__Input for this task__:
-- ===== src/Modbus/OperationProcessor/Access.antt =====
-- What the client asks of the processor. A question with `[]` on a map puts an empty value where there
-- is none.
use fiware_io_tagent_cpluspl.Common.{
  ℕ, Bytes, codes, bytes_key, List, [], ◌∷◌, ◌++◌, if◌then◌else◌, suc, zero, ltb,
}
use fiware_io_tagent_cpluspl.Common.Int.{int_key}
use fiware_io_tagent_cpluspl.Common.Map.{Assoc}
use fiware_io_tagent_cpluspl.Modbus.Mapped.{FloatPosition}
use fiware_io_tagent_cpluspl.Modbus.OperationProcessor.{
  Ptree, CommandParameter, ParamsMap, ModbusOperationProcessor, at,
}

module _ {Tree Factor : Type 0} (pt : Ptree Tree Factor) where
  unfoldable pub get_operation :
      Bytes → ModbusOperationProcessor Tree Factor → Tree × ModbusOperationProcessor Tree Factor
  get_operation operation p =
      let found : Tree × Assoc Bytes Tree = at pt.empty operation p.operations in
      (found.0, record p { operations = found.1 })

  unfoldable pub get_mapped_labels :
      Bytes
      → ModbusOperationProcessor Tree Factor
      → List (FloatPosition Factor) × ModbusOperationProcessor Tree Factor
  get_mapped_labels operation p =
      let found : List (FloatPosition Factor) × Assoc Bytes (List (FloatPosition Factor)) =
        at [] operation p.position_map in
      (found.0, record p { position_map = found.1 })

  unfoldable pub get_command :
      Bytes → ModbusOperationProcessor Tree Factor → Tree × ModbusOperationProcessor Tree Factor
  get_command command p =
      let found : Tree × Assoc Bytes Tree = at pt.empty command p.commands in
      (found.0, record p { commands = found.1 })

  abbrev pub values_of : ParamsMap → List CommandParameter
  values_of [] = []
  values_of ((address, param) ∷ params) = param ∷ values_of params

  unfoldable pub get_mapped_parameters :
      Bytes
      → ModbusOperationProcessor Tree Factor
      → List CommandParameter × ModbusOperationProcessor Tree Factor
  get_mapped_parameters command p =
      let found : ParamsMap × Assoc Bytes ParamsMap = at [] command p.ordered_parameters_map in
      (values_of found.0, record p { ordered_parameters_map = found.1 })

  unfoldable pub protocol_command : Bytes → Bytes
  protocol_command k =
      codes "{\"name\": \"" ++ (k ++ codes "\", \"type\": \"command\", \"value\": \"\"}")

  -- The loop over the commands, with `i` and `res`.
  unfoldable pub add_protocol_commands : Assoc Bytes Tree → ℕ → Bytes → Bytes × ℕ
  add_protocol_commands [] i res = (res, i)
  add_protocol_commands ((k, tree) ∷ commands) i res =
      add_protocol_commands commands (suc i)
        ((if ltb 0 i then res ++ codes "," else res) ++ protocol_command k)

  abbrev protocol_text : Bytes × ℕ → Bytes
  protocol_text (res, zero) = []
  protocol_text (res, suc i) = res ++ codes "]}"

  unfoldable pub get_protocol_commands : ModbusOperationProcessor Tree Factor → Bytes
  get_protocol_commands p =
      protocol_text (add_protocol_commands p.commands 0 (codes "{\"commands\":["))
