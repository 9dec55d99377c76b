-- ===== src/Modbus/OperationProcessor/Commands.antt =====
-- ModbusOperationProcessor::read_commands, with the read operations that it makes of commands.
use fiware_io_tagent_cpluspl.Common.{
  ℕ, Bytes, codes, bytes_key, str_eq, Bool, true, false, ◌||◌, Option, none, some, List, [], ◌∷◌,
  map, length, if◌then◌else◌,
}
use fiware_io_tagent_cpluspl.Common.Int.{ℤ, pos, int_key}
use fiware_io_tagent_cpluspl.Common.Map.{Assoc, find, insert}
use fiware_io_tagent_cpluspl.Modbus.Mapped.{FloatPosition}
use fiware_io_tagent_cpluspl.Modbus.OperationProcessor.{
  Ptree, CommandParameter, ParamsMap, ModbusOperationProcessor, or_default, get_base_address, read,
}

module _ {Tree Factor : Type 0} (pt : Ptree Tree Factor) where
  -- The parameters of a command by their addresses: `none` when one has no address or no name.
  unfoldable pub read_parameters : List Tree → ParamsMap → Option ParamsMap
  read_parameters [] m = some m
  read_parameters (v ∷ trees) m = elim (pt.get_int (codes "address") v) [
    | none ↦ none
    | some address ↦ elim (pt.get (codes "name") v) [
      | none ↦ none
      | some name ↦ read_parameters trees (
          insert address
            (record {
              base_address = address;
              num_positions = or_default 1 (pt.get_unsigned_short (codes "positions") v);
              name = name;
              type_name = or_default (codes "numeric") (pt.get (codes "type") v);
            })
            m)
    ]
  ]

  unfoldable pub parameters_of : Tree → Option ParamsMap
  parameters_of v = elim (pt.get_child (codes "parameters") v) [
    | none ↦ none
    | some parameters ↦ read_parameters (pt.children parameters) []
  ]

  unfoldable pub add_parameters :
      Bytes → Option ParamsMap → Assoc Bytes ParamsMap → Assoc Bytes ParamsMap
  add_parameters op none m = m
  add_parameters op (some []) m = m
  add_parameters op (some (param ∷ params)) m = insert op (param ∷ params) m

  -- A parameter of type string or numeric gives the operation its type and number of positions.
  unfoldable pub is_sized : Bytes → Bool
  is_sized type_name = str_eq type_name (codes "string") || str_eq type_name (codes "numeric")

  -- pt_operation, with the fields in the order they are put.
  unfoldable pub operation_of : Bytes → ℤ → CommandParameter → ℕ → Tree
  operation_of command address first registers =
      let named =
        pt.put (codes "modbusOperation") (pt.int_text (pos 3))
          (pt.put (codes "operation") command pt.empty) in
      let placed = pt.put (codes "modbusAddress") (pt.int_text address) named in
      let typed =
        if is_sized first.type_name
        then pt.put (codes "modbusRegisterType") first.type_name placed
        else placed in
      let positions = if is_sized first.type_name then first.num_positions else registers in
      pt.put (codes "modbusNumberOfRegisters") (pt.int_text (pos registers))
        (pt.put (codes "modbusNumberOfPositions") (pt.int_text (pos positions)) typed)

  abbrev pub parameter_label : ℤ × CommandParameter → FloatPosition Factor
  parameter_label (address, param) = record {
    name = param.name;
    factor = pt.one;
    precision = pos 0;
  }

  unfoldable pub add_operation :
      Bytes
      → ParamsMap
      → ℤ × ModbusOperationProcessor Tree Factor
      → ModbusOperationProcessor Tree Factor
  add_operation command [] (base_address, p) = p
  add_operation command ((address, first) ∷ rest) (base_address, p) = record p {
    operations =
        insert command (operation_of command base_address first (length ((address, first) ∷ rest)))
          p.operations;
    position_map = insert command (map parameter_label ((address, first) ∷ rest)) p.position_map;
  }

  unfoldable pub add_command_as_operation :
      Bytes → ModbusOperationProcessor Tree Factor → ModbusOperationProcessor Tree Factor
  add_command_as_operation command p = elim (find command p.commands) [
    | none ↦ p
    | some tree ↦ elim (find command p.ordered_parameters_map) [
      | none ↦ p
      | some params ↦ add_operation command params (get_base_address pt command p)
    ]
  ]

  unfoldable pub read_command :
      Bytes → Tree → ModbusOperationProcessor Tree Factor → ModbusOperationProcessor Tree Factor
  read_command op v p = add_command_as_operation op (record p {
    commands = insert op v p.commands;
    ordered_parameters_map = add_parameters op (parameters_of v) p.ordered_parameters_map;
  })

  unfoldable pub read_each_command :
      List Tree → ModbusOperationProcessor Tree Factor → ModbusOperationProcessor Tree Factor × Bool
  read_each_command [] p = (p, false)
  read_each_command (v ∷ trees) p = elim (pt.get (codes "name") v) [
    | none ↦ (p, true)
    | some op ↦ read_each_command trees (read_command op v p)
  ]

  unfoldable pub read_commands :
      Bytes → ModbusOperationProcessor Tree Factor → ModbusOperationProcessor Tree Factor × Bool
  read_commands json p = elim (pt.read_json json) [
    | none ↦ (p, true)
    | some root ↦ elim (pt.get_child (codes "commands") root) [
      | none ↦ (p, true)
      | some commands ↦ read_each_command (pt.children commands) p
    ]
  ]

  -- The text of the file, or that it cannot be read. The alarms are the two flags.
  unfoldable pub read_operations :
      Option Bytes
      → ModbusOperationProcessor Tree Factor
      → ModbusOperationProcessor Tree Factor × (Bool × Bool)
  read_operations none p = (p, (false, false))
  read_operations (some text) p =
      let first : ModbusOperationProcessor Tree Factor × Bool = read pt text p in
      let second : ModbusOperationProcessor Tree Factor × Bool = read_commands text first.0 in
      (second.0, (first.1, second.1))
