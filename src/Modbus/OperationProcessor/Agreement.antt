-- ===== src/Modbus/OperationProcessor/Agreement.antt =====
-- The read operation of a command and the labels of its response.
use fiware_io_tagent_cpluspl.Common.{
  ℕ, suc, Bytes, codes, bytes_key, str_eq, str_eq_self, Bool, true, false, Option, none, some, List,
  [], ◌∷◌, map, length, ◌≡◌, refl, sym, ap, ◌∙◌, if◌then◌else◌, any, ◌==◌,
}
use fiware_io_tagent_cpluspl.Common.Int.{ℤ, pos}
use fiware_io_tagent_cpluspl.Common.Map.{find, find-insert_fresh}
use fiware_io_tagent_cpluspl.Modbus.Mapped.{FloatPosition}
use fiware_io_tagent_cpluspl.Modbus.OperationProcessor.{
  Ptree, CommandParameter, ParamsMap, ModbusOperationProcessor, get_base_address, at,
}
use fiware_io_tagent_cpluspl.Modbus.OperationProcessor.Commands.{
  add_operation, add_command_as_operation, operation_of, parameter_label, is_sized,
}

-- What Boost documents of put and get for paths without a point, which are the keys of one level: a
-- value is read back where it is put, and the values under other keys stay.
pub record IsPutGet {Tree Factor : Type 0} (pt : Ptree Tree Factor) : Type 0 where
  pub get_put :
      (k v : Bytes) (t : Tree) → any (◌==◌ 46) k ≡ false → pt.get k (pt.put k v t) ≡ some v
  pub get_put_other :
      (k j v : Bytes) (t : Tree)
      → any (◌==◌ 46) k ≡ false
      → any (◌==◌ 46) j ≡ false
      → str_eq k j ≡ false
      → pt.get k (pt.put j v t) ≡ pt.get k t

module _ {Tree Factor : Type 0} (pt : Ptree Tree Factor) where
  -- The operation reads as many registers as there are labels, from the given address.
  abbrev pub Agrees : Bytes → ℤ → Option Tree → Option (List (FloatPosition Factor)) → Type 0
  Agrees command address none labels = ⊥
  Agrees command address (some tree) none = ⊥
  Agrees command address (some tree) (some labels) =
      (pt.get (codes "operation") tree ≡ some command)
      × ((pt.get (codes "modbusOperation") tree ≡ some (pt.int_text (pos 3)))
          × ((pt.get (codes "modbusAddress") tree ≡ some (pt.int_text address))
              × (pt.get (codes "modbusNumberOfRegisters") tree
                  ≡ some (pt.int_text (pos (length labels))))))

  length-map : (params : ParamsMap) → length (map (parameter_label pt) params) ≡ length params
  length-map [] = refl
  length-map (param ∷ params) = ap (λ (n : ℕ). suc n) (length-map params)

module _ {Tree Factor : Type 0} (pt : Ptree Tree Factor) (laws : IsPutGet pt) where
  get-typed :
      (k : Bytes) (sized : Bool) (v : Bytes) (t : Tree)
      → any (◌==◌ 46) k ≡ false
      → str_eq k (codes "modbusRegisterType") ≡ false
      → pt.get k (if sized then pt.put (codes "modbusRegisterType") v t else t) ≡ pt.get k t
  get-typed k true v t plain h = laws.get_put_other k (codes "modbusRegisterType") v t plain refl h
  get-typed k false v t plain h = refl

  -- A field that is put before the last three is the one that `get` finds.
  get-operation_of :
      (k command : Bytes) (address : ℤ) (first : CommandParameter) (registers : ℕ)
      → any (◌==◌ 46) k ≡ false
      → str_eq k (codes "modbusNumberOfRegisters") ≡ false
      → str_eq k (codes "modbusNumberOfPositions") ≡ false
      → str_eq k (codes "modbusRegisterType") ≡ false
      → pt.get k (operation_of pt command address first registers)
        ≡ pt.get k (
            pt.put (codes "modbusAddress") (pt.int_text address) (
              pt.put
                (codes "modbusOperation")
                (pt.int_text (pos 3))
                (pt.put (codes "operation") command pt.empty)))
  unfolding operation_of
  get-operation_of k command address first registers plain h i j =
      laws.get_put_other k _ _ _ plain refl h
      ∙ laws.get_put_other k _ _ _ plain refl i
      ∙ get-typed k (is_sized pt first.type_name) first.type_name _ plain j

  get-registers :
      (command : Bytes) (address : ℤ) (first : CommandParameter) (registers : ℕ)
      → pt.get (codes "modbusNumberOfRegisters") (operation_of pt command address first registers)
        ≡ some (pt.int_text (pos registers))
  unfolding operation_of
  get-registers command address first registers = laws.get_put _ _ _ refl

  operation_of-Agrees :
      (command : Bytes) (address : ℤ) (first : CommandParameter) (params : ParamsMap)
      → Agrees pt command address
          (some (operation_of pt command address first (length params)))
          (some (map (parameter_label pt) params))
  unfolding str_eq
  operation_of-Agrees command address first params = (
    get-operation_of _ command address first _ refl refl refl refl
        ∙ laws.get_put_other _ _ _ _ refl refl refl
        ∙ laws.get_put_other _ _ _ _ refl refl refl
        ∙ laws.get_put _ _ _ refl,
    (
      get-operation_of _ command address first _ refl refl refl refl
          ∙ laws.get_put_other _ _ _ _ refl refl refl
          ∙ laws.get_put _ _ _ refl,
      (
        get-operation_of _ command address first _ refl refl refl refl ∙ laws.get_put _ _ _ refl,
        get-registers command address first _
            ∙ ap (λ (n : ℕ). some (pt.int_text (pos n))) (sym (length-map pt params)),
      ),
    ),
  )

  get_base_address-found :
      (command : Bytes) (p : ModbusOperationProcessor Tree Factor) (address : ℤ)
      (first : CommandParameter) (rest : ParamsMap)
      → find command p.ordered_parameters_map ≡ some ((address, first) ∷ rest)
      → get_base_address pt command p ≡ (address, p)
  unfolding get_base_address at
  get_base_address-found command p address first rest e = rw (e, at) refl

  add_operation-Agrees :
      (command : Bytes) (p : ModbusOperationProcessor Tree Factor) (address a : ℤ)
      (first : CommandParameter) (rest : ParamsMap)
      → find command p.operations ≡ none
      → find command p.position_map ≡ none
      → Agrees pt command address
          (find command (add_operation pt command ((a, first) ∷ rest) (address, p)).operations)
          (find command (add_operation pt command ((a, first) ∷ rest) (address, p)).position_map)
  unfolding add_operation
  add_operation-Agrees command p address a first rest e f =
      rw
        (
          find-insert_fresh command command _ p.operations e,
          find-insert_fresh command command _ p.position_map f,
          str_eq_self command,
        )
        (operation_of-Agrees command address first ((a, first) ∷ rest))

  -- For a command with parameters whose name has neither an operation nor labels yet, the processor
  -- makes an operation of that name that reads the holding registers from the first address, as many
  -- as it makes labels, when the fields of a property tree read back what is put in them.
  pub add_command_as_operation-Agrees :
      (command : Bytes) (p : ModbusOperationProcessor Tree Factor) (tree : Tree) (address : ℤ)
      (first : CommandParameter) (rest : ParamsMap)
      → find command p.commands ≡ some tree
      → find command p.ordered_parameters_map ≡ some ((address, first) ∷ rest)
      → find command p.operations ≡ none
      → find command p.position_map ≡ none
      → Agrees pt command address
          (find command (add_command_as_operation pt command p).operations)
          (find command (add_command_as_operation pt command p).position_map)
  unfolding add_command_as_operation
  add_command_as_operation-Agrees command p tree address first rest e f g h =
      rw (e, f, get_base_address-found command p address first rest f, add_command_as_operation)
        (add_operation-Agrees command p address address first rest g h)
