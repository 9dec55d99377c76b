-- ===== src/Modbus/OperationProcessor/Calls.antt =====
-- The calls of a processor, and what every call keeps when its steps do.
use fiware_io_tagent_cpluspl.Common.{
  Bytes, codes, bytes_key, Bool, true, false, Option, none, some, List, [], ◌∷◌, inl, inr,
  Option-cases,
}
use fiware_io_tagent_cpluspl.Modbus.OperationProcessor.{
  Ptree, ModbusOperationProcessor, read_operation, read_each, read_config, read, get_base_address,
}
use fiware_io_tagent_cpluspl.Modbus.OperationProcessor.Commands.{
  read_command, read_each_command, read_commands, read_operations,
}
use fiware_io_tagent_cpluspl.Modbus.OperationProcessor.Access.{
  get_operation, get_mapped_labels, get_command, get_mapped_parameters,
}

pub data Call : Type 0 where
  file_read : Option Bytes → Call
  operation_asked : Bytes → Call
  labels_asked : Bytes → Call
  command_asked : Bytes → Call
  parameters_asked : Bytes → Call
  address_asked : Bytes → Call

module _ {Tree Factor : Type 0} (pt : Ptree Tree Factor) where
  unfoldable pub perform :
      Call → ModbusOperationProcessor Tree Factor → ModbusOperationProcessor Tree Factor
  perform (file_read text) p = (read_operations pt text p).0
  perform (operation_asked k) p = (get_operation pt k p).1
  perform (labels_asked k) p = (get_mapped_labels pt k p).1
  perform (command_asked k) p = (get_command pt k p).1
  perform (parameters_asked k) p = (get_mapped_parameters pt k p).1
  perform (address_asked k) p = (get_base_address pt k p).1

  unfoldable pub run :
      List Call → ModbusOperationProcessor Tree Factor → ModbusOperationProcessor Tree Factor
  run [] p = p
  run (call ∷ calls) p = run calls (perform call p)

  -- What holds before a step of a call holds after it.
  pub record IsStable (P : ModbusOperationProcessor Tree Factor → Type 0) : Type 0 where
    pub on_operation :
        (op : Bytes) (v : Tree) (p : ModbusOperationProcessor Tree Factor)
        → P p
        → P (read_operation pt op v p)
    pub on_config :
        (config : Tree) (p : ModbusOperationProcessor Tree Factor)
        → P p
        → P (record p { config = config })
    pub on_command :
        (op : Bytes) (v : Tree) (p : ModbusOperationProcessor Tree Factor)
        → P p
        → P (read_command pt op v p)
    pub on_question :
        (k : Bytes) (p : ModbusOperationProcessor Tree Factor)
        → P p
        → P (get_operation pt k p).1
          × (P (get_mapped_labels pt k p).1
              × (P (get_command pt k p).1
                  × (P (get_mapped_parameters pt k p).1 × P (get_base_address pt k p).1)))

module _ {Tree Factor : Type 0} (pt : Ptree Tree Factor)
    (P : ModbusOperationProcessor Tree Factor → Type 0) (stable : IsStable pt P) where
  read_each-stable :
      (trees : List Tree) (p : ModbusOperationProcessor Tree Factor)
      → P p
      → P (read_each pt trees p).0
  unfolding read_each
  read_each-stable [] p h = h
  read_each-stable (v ∷ trees) p h = elim (Option-cases (pt.get (codes "operation") v)) [
    | inl e ↦ rw (e, read_each) h
    | inr (op, e) ↦ rw (e, read_each) (read_each-stable trees _ (stable.on_operation op v p h))
  ]

  read_config-stable :
      (root : Tree) (result : ModbusOperationProcessor Tree Factor × Bool)
      → P result.0
      → P (read_config pt root result).0
  unfolding read_config
  read_config-stable root (p, true) h = h
  read_config-stable root (p, false) h = elim (Option-cases (pt.get_child (codes "config") root)) [
    | inl e ↦ rw (e, read_config) h
    | inr (config, e) ↦ rw (e, read_config) (stable.on_config config p h)
  ]

  read-stable :
      (text : Bytes) (p : ModbusOperationProcessor Tree Factor) → P p → P (read pt text p).0
  unfolding read
  read-stable text p h = elim (Option-cases (pt.read_json text)) [
    | inl e ↦ rw (e, read) h
    | inr (root, e) ↦ elim (Option-cases (pt.get_child (codes "operations") root)) [
      | inl f ↦ rw (e, f, read) h
      | inr (operations, f) ↦
          rw (e, f, read)
            (read_config-stable root _ (read_each-stable (pt.children operations) p h))
    ]
  ]

  read_each_command-stable :
      (trees : List Tree) (p : ModbusOperationProcessor Tree Factor)
      → P p
      → P (read_each_command pt trees p).0
  unfolding read_each_command
  read_each_command-stable [] p h = h
  read_each_command-stable (v ∷ trees) p h = elim (Option-cases (pt.get (codes "name") v)) [
    | inl e ↦ rw (e, read_each_command) h
    | inr (op, e) ↦
        rw (e, read_each_command) (read_each_command-stable trees _ (stable.on_command op v p h))
  ]

  read_commands-stable :
      (text : Bytes) (p : ModbusOperationProcessor Tree Factor)
      → P p
      → P (read_commands pt text p).0
  unfolding read_commands
  read_commands-stable text p h = elim (Option-cases (pt.read_json text)) [
    | inl e ↦ rw (e, read_commands) h
    | inr (root, e) ↦ elim (Option-cases (pt.get_child (codes "commands") root)) [
      | inl f ↦ rw (e, f, read_commands) h
      | inr (commands, f) ↦
          rw (e, f, read_commands) (read_each_command-stable (pt.children commands) p h)
    ]
  ]

  perform-stable :
      (call : Call) (p : ModbusOperationProcessor Tree Factor) → P p → P (perform pt call p)
  unfolding perform read_operations
  perform-stable (file_read none) p h = h
  perform-stable (file_read (some text)) p h = read_commands-stable text _ (read-stable text p h)
  perform-stable (operation_asked k) p h = (stable.on_question k p h).0
  perform-stable (labels_asked k) p h = (stable.on_question k p h).1.0
  perform-stable (command_asked k) p h = (stable.on_question k p h).1.1.0
  perform-stable (parameters_asked k) p h = (stable.on_question k p h).1.1.1.0
  perform-stable (address_asked k) p h = (stable.on_question k p h).1.1.1.1

  pub run-stable :
      (calls : List Call) (p : ModbusOperationProcessor Tree Factor) → P p → P (run pt calls p)
  unfolding run
  run-stable [] p h = h
  run-stable (call ∷ calls) p h = run-stable calls (perform pt call p) (perform-stable call p h)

__Instructions for the task__: Going through the data above, return each line with the word "modbusNumberOfRegisters".

__Answer box__:
      pt.put (codes "modbusNumberOfRegisters") (pt.int_text (pos registers))
              × (pt.get (codes "modbusNumberOfRegisters") tree
      → str_eq k (codes "modbusNumberOfRegisters") ≡ false
      → pt.get (codes "modbusNumberOfRegisters") (operation_of pt command address first registers)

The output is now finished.